Manufacturing Invoice Factoring

Manufacturers often deliver product weeks or months before they are paid, creating a gap between shipping orders and receiving cash. Manufacturing invoice factoring converts those open invoices into immediate working capital so you can keep production running without waiting on slow-paying customers. Instead of tying up your cash in receivables, you unlock funds to cover raw materials, payroll, freight, and plant overhead.

Manufacturing Invoice Factoring

Our programs are built for the realities of the production floor and the supply chain. We understand volume spikes, seasonal demand, and large purchase orders that require you to buy materials long before you are paid. That’s why our manufacturing receivables factoring solutions look at the strength of your customer base and invoice quality, not just a perfect credit score.

Whether you operate a small job shop or a multi-plant operation, we structure invoice factoring for manufacturing companies to match your workflow. You can factor a single large invoice, a group of accounts, or set up an ongoing facility that grows with your sales. Transparent rates, straightforward agreements, and fast decision-making help you keep production schedules on track and take on new orders with confidence.

Minimum Requirements for Manufacturing Invoice Factoring

To qualify for manufacturing invoice factoring, most businesses should meet the following guidelines:

Minimum Revenue $10,000 / month
Length in Business 5 months or more
Ownership % Minimum of 51% Ownership
Personal Credit US FICO 500+

Types of Small Business Loans in Phoenix

Standard Manufacturing Invoice Factoring

This option provides an advance on approved invoices once product has shipped or services are complete. It’s ideal for manufacturers that sell to creditworthy customers on 30–90 day terms. You receive a large portion of the invoice value up front, with the remainder sent after the customer pays, giving you steady cash flow without taking on new debt.

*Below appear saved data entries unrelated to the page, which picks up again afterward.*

-- ===== src/Process/Deferred/Uncaught.antt =====
-- An exception that no try frame catches, in src/process/stack.cpp.
use mathlib.Core.List.{reverse}
use wudoovm.Common.{ℕ, ◌≡◌, ◌<◌, refl, ap, ◌∙◌, none, some, ◌∷◌, ◌++◌}
use wudoovm.Common.Outcome.{ok}
use wudoovm.Process.Code.{Kernel}
use wudoovm.Process.State.{Process, Stack, Thrown}
use wudoovm.Process.Action.{modify}
use wudoovm.Process.Frames.{push_order}
use wudoovm.Process.Unwinding.{
  register_frames, switch_to_top, unwind, unwind_with, unwind_uncaught, find_catch_frame,
  find_catcher, in_flight,
}
use wudoovm.Process.Runs.{bind_run_ok, bind_ok, bind_gets, bind_modify}
use wudoovm.Process.Ownership.{Below, Distinct}
use wudoovm.Process.Deferred.{HasEntries, singles, waiting, without_base}
use wudoovm.Process.Deferred.Frames.{
  deferred_of, cleared_all, register_frames-Registers, schedule, schedule-switch,
}
use wudoovm.Process.Deferred.Catchers.{
  find_catch_frame_run, switch_to_top_stacks, switch_to_top_frames,
}

module _ {V : Type 0} (k : Kernel) (s : ℕ) where
  -- An exception that no try frame of the stack catches: the deferred calls of all its frames run
  -- before it, the innermost frame's last call first, and then it runs with its frames and the
  -- exception as they were. Distinct frames and known functions are assumed.
  pub unwind-uncaught :
      (p : Process V) (e : Thrown V)
      → let x = p.stack_at s in
        let fs = reverse (Stack.frames x) in
        in_flight x ≡ some e
        → find_catcher p.try_frame_at e.tag (Stack.tryframes x) ≡ none
        → HasEntries k p.frame_at (deferred_of p.frame_at fs)
        → Distinct fs
        → Below p.next_stack p.stacks_order
        → s < p.next_stack
        → (q : Process V) × (unwind k s p ≡ (ok tt, q))
          × (schedule q
              ≡ reverse (singles (deferred_of p.frame_at fs)) ++ (Stack.frames x ∷ waiting p))
          × (without_base (q.stack_at s) ≡ without_base x)
          × (q.frame_at ≡ cleared_all p.frame_at fs)
  unfolding unwind unwind_with unwind_uncaught modify
  unwind-uncaught p e fl fc es d b lt =
      let x = p.stack_at s in
      let fs = reverse (Stack.frames x) in
      let p1 = push_order s p in
      let h = register_frames-Registers k s fs p1 es d (lt, b) lt in
      let r = (register_frames k s fs p1).1 in
      (
        switch_to_top r.stacks_order r,
        bind_run_ok (find_catch_frame s) (λ a. unwind_with k s a.0 a.1) p p _
              (rw fc at (find_catch_frame_run k s p e fl))
            ∙ bind_modify (push_order s) _ p
            ∙ bind_gets (λ q. q.stack_at s) _ p1
            ∙ bind_ok (register_frames k s fs) _ p1 tt h.0
            ∙ refl,
        schedule-switch r (Stack.frames x) (waiting p)
            (reverse (singles (deferred_of p.frame_at fs))) h.1.waits,
        ap (λ g. without_base (g s)) (switch_to_top_stacks r.stacks_order r) ∙ h.1.kept s lt,
        switch_to_top_frames r.stacks_order r ∙ h.2,
      )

Manufacturing Receivables Factoring Facility

A dedicated manufacturing receivables factoring line lets you factor invoices on an ongoing basis instead of one at a time. As you generate new invoices, you can submit them for funding and recycle capital back into materials, tooling, and labor. This structure works well for companies supplying parts, components, or finished goods to a consistent group of buyers.

Progress Billing & Milestone Factoring

Some manufacturing projects bill in stages engineering, prototyping, initial runs, and final delivery. Progress billing factoring allows you to receive advances at each milestone, not just at the end of the project. This helps you handle long production cycles and special projects without putting pressure on your cash reserves.

Supply Chain & Purchase Order Support

When large purchase orders arrive, you may need additional capital to buy inventory, secure raw materials, or ramp up staffing. Supply chain-focused factoring combines invoice factoring for manufacturing with purchase-order support so you can accept bigger contracts and negotiate better terms with suppliers while still maintaining healthy working capital.

Export & International Manufacturing Invoice Factoring

If you sell to overseas customers, export factoring helps manage currency risk and long payment timelines. We review the credit of your foreign buyers, advance funds on eligible international invoices, and handle collections in coordination with your team. This allows manufacturing companies to expand globally while keeping cash flow predictable.

Manufacturing Invoice Factoring Services

Every production environment is different. Some manufacturers manage short runs for many customers, while others fulfill long-term contracts for a few key accounts. Our manufacturing invoice factoring services are tailored to your sales cycle, customer mix, and industry segment—whether you serve automotive, aerospace, industrial equipment, consumer goods, or private-label brands.

The application process is streamlined with clear documentation requirements and quick responses. We prioritize relationships with both you and your customers, offering professional collections that protect your reputation. With competitive advance rates, flexible funding limits, and online reporting, you gain real-time visibility into your retail invoice finance factoring–style cash flow solution adapted to manufacturing. Use the additional liquidity to negotiate discounts with suppliers, shorten production lead times, or invest in efficiency upgrades on the shop floor.

Who We Serve

Frequently Asked Questions

What is the process for getting manufacturing invoice factoring?

You complete a short application, share basic business and receivables information, and we review your customer list. Once approved, you submit invoices, receive an advance, and we handle the collection of payment according to the agreed structure.

Instead of fixed monthly loan payments, fees are deducted from the invoice proceeds. When your customer pays, we forward the remaining balance to you. Pricing is transparent and tied to invoice volume and payment terms.

Yes. Factoring focuses heavily on the strength of your customers and the quality of your invoices. We do review personal credit, but many manufacturers with lower scores can still qualify based on solid receivables.

You should sell on terms to other businesses or government entities, have verifiable invoices, and meet the minimum revenue and time-in-business guidelines above. We will walk you through the details and let you know quickly if factoring is a good fit.